Раздалась команда, и наша лодка сменила направление.

— Что ж, лишняя лодка позволит уменьшить давку у нас.

Умеют ли айчуны отличать Стадо от Стаи чисто ментально? Я думал, что нет. Видовых различий не было. Телепатия айчунов должна была действовать только на близких расстояниях и неточно, иначе зачем бы им было действовать через карликов? Если ты делаешь себе инструмент, то для той работы, которую без него сделать не можешь. И другую работу он тоже не сделает. Карлики были специализированы. Они не стали бы следить или предупреждать, если их не попросить специально. В течение миллионов и миллионов лет здесь никогда не был нужен радар ни в каком виде, и благодаря всемогуществу глубинных дьяволов не нужно было знание военных хитростей.
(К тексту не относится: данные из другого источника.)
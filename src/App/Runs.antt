-- ===== src/App/Runs.antt =====
-- internal/app/run.go: the commands that show runs.
use jobsd.Common.{ℕ, Bool, false, not, Option, none, some, List, [], map, String, ℤ}
use jobsd.Common.Int.{is_nonpositive, pos_part}
use jobsd.Result.{Error, invalid}
use jobsd.Action.{Action, pure, refuse_if, ◌>>=◌, ◌>>◌}
use jobsd.Domain.{Run, RunOutput, RunStatus, RunTriggerType, run_status_is_valid}
use jobsd.Sqlite.{Stamp, format_time, format_time_ptr}
use jobsd.Sqlite.Engine.{Db}
use jobsd.Sqlite.RunResults.{list_runs, get_run_with_output}
use jobsd.App.Support.{RunSummary, run_summary_from_domain, preview_output, format_duration}
use jobsd.App.Jobs.{or_error, validate_value}

pub record RunOutputDetail : Type 0 where
  pub stdout : List ℕ
  pub stderr : List ℕ
  pub stdout_truncated : Bool
  pub stderr_truncated : Bool
  pub updated_at : Stamp

pub record RunDetail : Type 0 where
  pub id : ℕ
  pub job : String
  pub job_id : ℕ
  pub trigger_type : RunTriggerType
  pub status : RunStatus
  pub scheduled_for : Option Stamp
  pub queued_at : Stamp
  pub started_at : Option Stamp
  pub finished_at : Option Stamp
  pub duration : Option ℤ
  pub exit_code : Option ℤ
  pub error_message : Option String
  pub runner_id : Option String
  pub stdout_truncated : Bool
  pub stderr_truncated : Bool
  pub stdout_preview : List ℕ
  pub stderr_preview : List ℕ
  pub output_updated_at : Option Stamp
  pub output : Option RunOutputDetail

unfoldable pub run_output_detail : RunOutput → RunOutputDetail
run_output_detail o = record {
  stdout = o.stdout;
  stderr = o.stderr;
  stdout_truncated = o.stdout_truncated;
  stderr_truncated = o.stderr_truncated;
  updated_at = format_time o.updated_at;
}

-- `if run.Output != nil { … }`
abbrev pub with_output_detail : Option RunOutput → RunDetail → RunDetail
with_output_detail none detail = detail
with_output_detail (some o) detail = record detail {
  stdout_truncated = o.stdout_truncated;
  stderr_truncated = o.stderr_truncated;
  stdout_preview = preview_output o.stdout 120;
  stderr_preview = preview_output o.stderr 120;
  output_updated_at = some (format_time o.updated_at);
  output = some (run_output_detail o);
}

unfoldable pub run_detail_from_domain : Run → RunDetail
run_detail_from_domain run = with_output_detail run.output (record {
  id = run.id;
  job = run.job_name;
  job_id = run.job_id;
  trigger_type = run.trigger_type;
  status = run.status;
  scheduled_for = format_time_ptr run.scheduled_for;
  queued_at = format_time run.queued_at;
  started_at = format_time_ptr run.started_at;
  finished_at = format_time_ptr run.finished_at;
  duration = format_duration run.started_at run.finished_at;
  exit_code = run.exit_code;
  error_message = run.error_message;
  runner_id = run.runner_id;
  stdout_truncated = false;
  stderr_truncated = false;
  stdout_preview = [];
  stderr_preview = [];
  output_updated_at = none;
  output = none;
})

-- the flags of `run list`; those not given are none
pub record ListFlags : Type 0 where
  pub job_name : Option String
  pub status : Option RunStatus
  pub limit : Option ℤ

abbrev pub check_job : Option String → Action Db Unit
check_job none = pure tt
check_job (some name) = validate_value name

abbrev pub check_status : Option RunStatus → Action Db Unit
check_status none = pure tt
check_status (some status) =
    refuse_if (not (run_status_is_valid status)) (invalid "invalid run status")

abbrev pub check_limit : Option ℤ → Action Db Unit
check_limit none = pure tt
check_limit (some limit) =
    refuse_if (is_nonpositive limit) (invalid "limit must be greater than zero")

-- the value of --job and of --limit, with their defaults
abbrev pub name_of : Option String → String
name_of none = ""
name_of (some name) = name

abbrev pub limit_of : Option ℤ → ℕ
limit_of none = 20
limit_of (some limit) = pos_part limit

-- `run list`
unfoldable pub run_list_command : ListFlags → Action Db (List RunSummary)
run_list_command f = do
  check_job f.job_name
  check_status f.status
  check_limit f.limit
  runs ←
      list_runs
        (record { job_name = name_of f.job_name; status = f.status; limit = limit_of f.limit })
  pure (map run_summary_from_domain runs)

-- runLookupError: the text of the answer takes the place of the sentinel
abbrev pub run_lookup_error : Error → Error
run_lookup_error Error.run_not_found = invalid "run not found"
run_lookup_error e = e

-- `run get`
unfoldable pub run_get_command : ℤ → Action Db RunDetail
run_get_command run_id = do
  refuse_if (is_nonpositive run_id) (invalid "run-id must be greater than zero")
  run ← or_error run_lookup_error (get_run_with_output (pos_part run_id))
  pure (run_detail_from_domain run)
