-- ===== src/App/Scheduler.antt =====
-- internal/app/scheduler.go: the commands that start, inspect and stop the scheduler of an instance. A
-- loop that polls until a deadline takes the list of what it finds before that.
pub mod Waiting
use jobsd.Common.{
  Bool, true, false, not, ◌&&◌, Option, none, some, List, [], ◌∷◌, String, ℤ, pos, if◌then◌else◌,
}
use jobsd.Result.{
  Error, system, state_not_found, invalid, Result, ok, err, hang, ◌>>=◌, ◌>>◌, refuse_if,
}
use jobsd.Domain.{SchedulerState, SchedulerStatus}
use jobsd.Sqlite.{Stamp, format_time}
use jobsd.Daemon.Control.{PingResponse, SchedulerResponse}
use jobsd.App.Client.{SchedulerInspection}

pub record SchedulerOutput : Type 0 where
  pub instance_name : String
  pub status : SchedulerStatus
  pub pid : ℤ
  pub port : ℤ
  pub db_path : String
  pub started_at : Option Stamp
  pub version : String
  pub reason : Option Error

abbrev pub bare_output : String → SchedulerStatus → Option Error → SchedulerOutput
bare_output name status reason = record {
  instance_name = name;
  status = status;
  pid = pos 0;
  port = pos 0;
  db_path = "";
  started_at = none;
  version = "";
  reason = reason;
}

abbrev pub with_state : Option SchedulerState → SchedulerOutput → SchedulerOutput
with_state none output = output
with_state (some state) output = record output {
  pid = state.pid;
  port = state.port;
  db_path = state.db_path;
  started_at = some (format_time state.started_at);
  version = state.version;
}

abbrev pub with_info : Option SchedulerResponse → SchedulerOutput → SchedulerOutput
with_info none output = output
with_info (some info) output = record {
  instance_name = info.instance_name;
  status = info.status;
  pid = info.pid;
  port = info.port;
  db_path = info.db_path;
  started_at = some info.started_at;
  version = info.version;
  reason = none;
}

unfoldable pub scheduler_output_from_inspection : String → SchedulerInspection → SchedulerOutput
scheduler_output_from_inspection name i =
    with_info i.scheduler_info (with_state i.state (bare_output name i.status i.reason))

abbrev pub is_running : SchedulerStatus → Bool
is_running SchedulerStatus.running = true
is_running _ = false

-- A round of waitForSchedulerStart; whether the context is done when it has waited.
pub record StartPoll : Type 0 where
  pub inspection : Result SchedulerInspection
  pub canceled : Bool

abbrev pub start_found : Result SchedulerInspection → Bool
start_found (ok i) = is_running i.status
start_found (err e) = false
start_found hang = false

-- waitForSchedulerStart
unfoldable pub wait_for_scheduler_start : List StartPoll → Result SchedulerInspection
wait_for_scheduler_start [] = err (invalid "scheduler did not become ready")
wait_for_scheduler_start (poll ∷ polls) =
    let later = wait_for_scheduler_start polls in
    if start_found poll.inspection
    then poll.inspection
    else if poll.canceled
    then err (invalid "context canceled")
    else later

-- A round of waitForSchedulerStop: what ReadState and ping have answered.
pub record StopPoll : Type 0 where
  pub state : Result SchedulerState
  pub ping : Result PingResponse
  pub canceled : Bool

abbrev pub is_absent : Result SchedulerState → Bool
is_absent (err Error.state_not_found) = true
is_absent _ = false

abbrev pub no_answer : Result PingResponse → Bool
no_answer (ok p) = false
no_answer (err e) = true
no_answer hang = false

-- waitForSchedulerStop
unfoldable pub wait_for_scheduler_stop : List StopPoll → Result (Unit {0})
wait_for_scheduler_stop [] = err (invalid "scheduler did not stop")
wait_for_scheduler_stop (poll ∷ polls) =
    let later = wait_for_scheduler_stop polls in
    if is_absent poll.state && no_answer poll.ping
    then ok tt
    else if poll.canceled
    then err (invalid "context canceled")
    else later

-- `scheduler start`: the inspection, os.Executable, the start of the process, and the polls
unfoldable pub start_command :
    String
    → Result SchedulerInspection
    → Result (Unit {0})
    → Result (Unit {0})
    → List StartPoll
    → Result SchedulerOutput
unfolding wait_for_scheduler_start scheduler_output_from_inspection
start_command name inspected executable started polls = do
  inspection ← inspected
  refuse_if (is_running inspection.status) (invalid "instance is already running")
  executable
  started
  ready ← wait_for_scheduler_start polls
  ok (scheduler_output_from_inspection name ready)

-- `scheduler status`
unfoldable pub status_command : String → Result SchedulerInspection → Result SchedulerOutput
unfolding scheduler_output_from_inspection
status_command name inspected =
    inspected >>= λ inspection. ok (scheduler_output_from_inspection name inspection)

-- the switch that `stop` and `ping` begin with
abbrev pub refuse_idle : SchedulerStatus → Result (Unit {0})
refuse_idle SchedulerStatus.stopped = err (invalid "instance is not running")
refuse_idle SchedulerStatus.stale = err (invalid "instance is stale")
refuse_idle _ = ok tt

abbrev pub available {ℓ} : {A : Type ℓ} → Option A → Result A
available none = err (invalid "state or answer is unavailable")
available (some a) = ok a

-- `scheduler stop`; `shutdown` is the request at a state
unfoldable pub stop_command :
    String
    → Result SchedulerInspection
    → (SchedulerState → Result (Unit {0}))
    → List StopPoll
    → Result SchedulerOutput
unfolding wait_for_scheduler_stop
stop_command name inspected shutdown polls = do
  inspection ← inspected
  refuse_idle inspection.status
  state ← available inspection.state
  shutdown state
  wait_for_scheduler_stop polls
  ok (bare_output name SchedulerStatus.stopped none)

-- `scheduler ping`
unfoldable pub ping_command : Result SchedulerInspection → Result SchedulerOutput
ping_command inspected = do
  inspection ← inspected
  refuse_idle inspection.status
  ping ← available inspection.ping
  ok (record {
    instance_name = ping.instance_name;
    status = ping.status;
    pid = ping.pid;
    port = ping.port;
    db_path = "";
    started_at = some ping.started_at;
    version = ping.version;
    reason = none;
  })
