-- ===== src/App/Instance.antt =====
-- internal/app/scheduler.go: the commands on the hook of an instance, and the metadata that they need.
pub mod Hook
use text.Mathlib.Text.{◌==◌ as str_eq}
use jobsd.Common.{Bool, true, false, not, Option, none, some, List, String, ℤ, pos, if◌then◌else◌}
use jobsd.Result.{Error, metadata_not_found, invalid, Result, ok, err, hang}
use jobsd.Action.{Action, pure, lift, refuse_if, ◌>>=◌, ◌>>◌}
use jobsd.Domain.{Time, InstanceMetadata, OnFinishConfig}
use jobsd.Domain.OnFinish.{parse_on_finish_config_json}
use jobsd.Env.{Env, Codec}
use jobsd.Sqlite.{MetadataKey}
use jobsd.Sqlite.Engine.{Db}
use jobsd.Sqlite.Metadata.{get_metadata, upsert_metadata}

-- what the commands print
pub record SchedulerOnFinish : Type 0 where
  pub instance_name : String
  pub on_finish : Option OnFinishConfig

abbrev pub checked_name : String → InstanceMetadata → Result InstanceMetadata
checked_name name meta =
    if str_eq meta.instance_name name then ok meta else err (invalid "instance metadata mismatch")

-- what ensureInstanceMetadata makes of the answer of Get
abbrev pub ensured : String → Time → Result InstanceMetadata → Result InstanceMetadata
ensured name now (ok meta) = checked_name name meta
ensured name now (err metadata_not_found) =
    ok (record { instance_name = name; created_at = now; scheduler_port = pos 0; on_finish = none })
ensured name now (err e) = err e
ensured name now hang = hang

-- what loadInstanceOnFinish makes of it
abbrev pub loaded : String → Result InstanceMetadata → Result (Option OnFinishConfig)
loaded name (ok meta) =
    if str_eq meta.instance_name name
    then ok meta.on_finish
    else err (invalid "instance metadata mismatch")
loaded name (err metadata_not_found) = ok none
loaded name (err e) = err e
loaded name hang = hang

module _ (env : Env) (codec : Codec) where
  unfoldable pub ensure_instance_metadata : String → Time → Action Db InstanceMetadata
  ensure_instance_metadata name now db =
      let out = get_metadata env codec db in (ensured name now out.0, out.1)

  unfoldable pub load_instance_on_finish : String → Action Db (Option OnFinishConfig)
  load_instance_on_finish name db =
      let out = get_metadata env codec db in (loaded name out.0, out.1)

  -- `scheduler on-finish get`
  unfoldable pub on_finish_get : String → Action Db SchedulerOnFinish
  unfolding load_instance_on_finish
  on_finish_get name = do
    config ← load_instance_on_finish name
    pure (record { instance_name = name; on_finish = config })

  -- `scheduler on-finish set`; `keys` is the order in which Upsert walks its map
  unfoldable pub on_finish_set :
      List MetadataKey → String → String → Time → Time → Action Db SchedulerOnFinish
  unfolding ensure_instance_metadata
  on_finish_set keys name raw now later = do
    config ← lift (parse_on_finish_config_json env raw)
    meta ← ensure_instance_metadata name now
    upsert_metadata env codec keys later (record meta { on_finish = some config })
    pure (record { instance_name = name; on_finish = some config })

  -- `scheduler on-finish clear`
  unfoldable pub on_finish_clear :
      List MetadataKey → String → Time → Time → Action Db SchedulerOnFinish
  unfolding ensure_instance_metadata
  on_finish_clear keys name now later = do
    meta ← ensure_instance_metadata name now
    upsert_metadata env codec keys later (record meta { on_finish = none })
    pure (record { instance_name = name; on_finish = none })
На этом Валланд построил свою стратегию, и это срабатывало, пока дело не касалось Рорна. Мы могли только надеяться, что получится и дальше.

Айчуны наверняка отметили гнев и ужас на борту каноэ. Это было вполне естественно после битвы. Что же касается эмоций моих или Валланда — нам-то чего было приходить в возбуждение?

— Заткни глотку, собака! — рявкнул я на Рорна.

— Что за притча? — Он замигал на меня.

— Не говори «наши»! Они не наши. И не твои. Ты своих продал!

Я неуклюже на него замахнулся. Он отбил мою руку. Стоявший за ним солдат отодвинул меня копьем. Валланд взял меня за руку:

— Спокойней, шкипер. — И Рорну: — Не то чтобы я был не согласен.

Он добавил пару сочных оскорблений.

— Тихо! — сказал Рорн, пригладив свои растрепанные ветром волосы. — Я с вами поговорю, когда вы придете в себя.

От его хозяев долетел вопрос. Он ответил на языке внешников. Я примерно понял, что он говорил: «Ничего страшного. Заложники проявляют неразумие».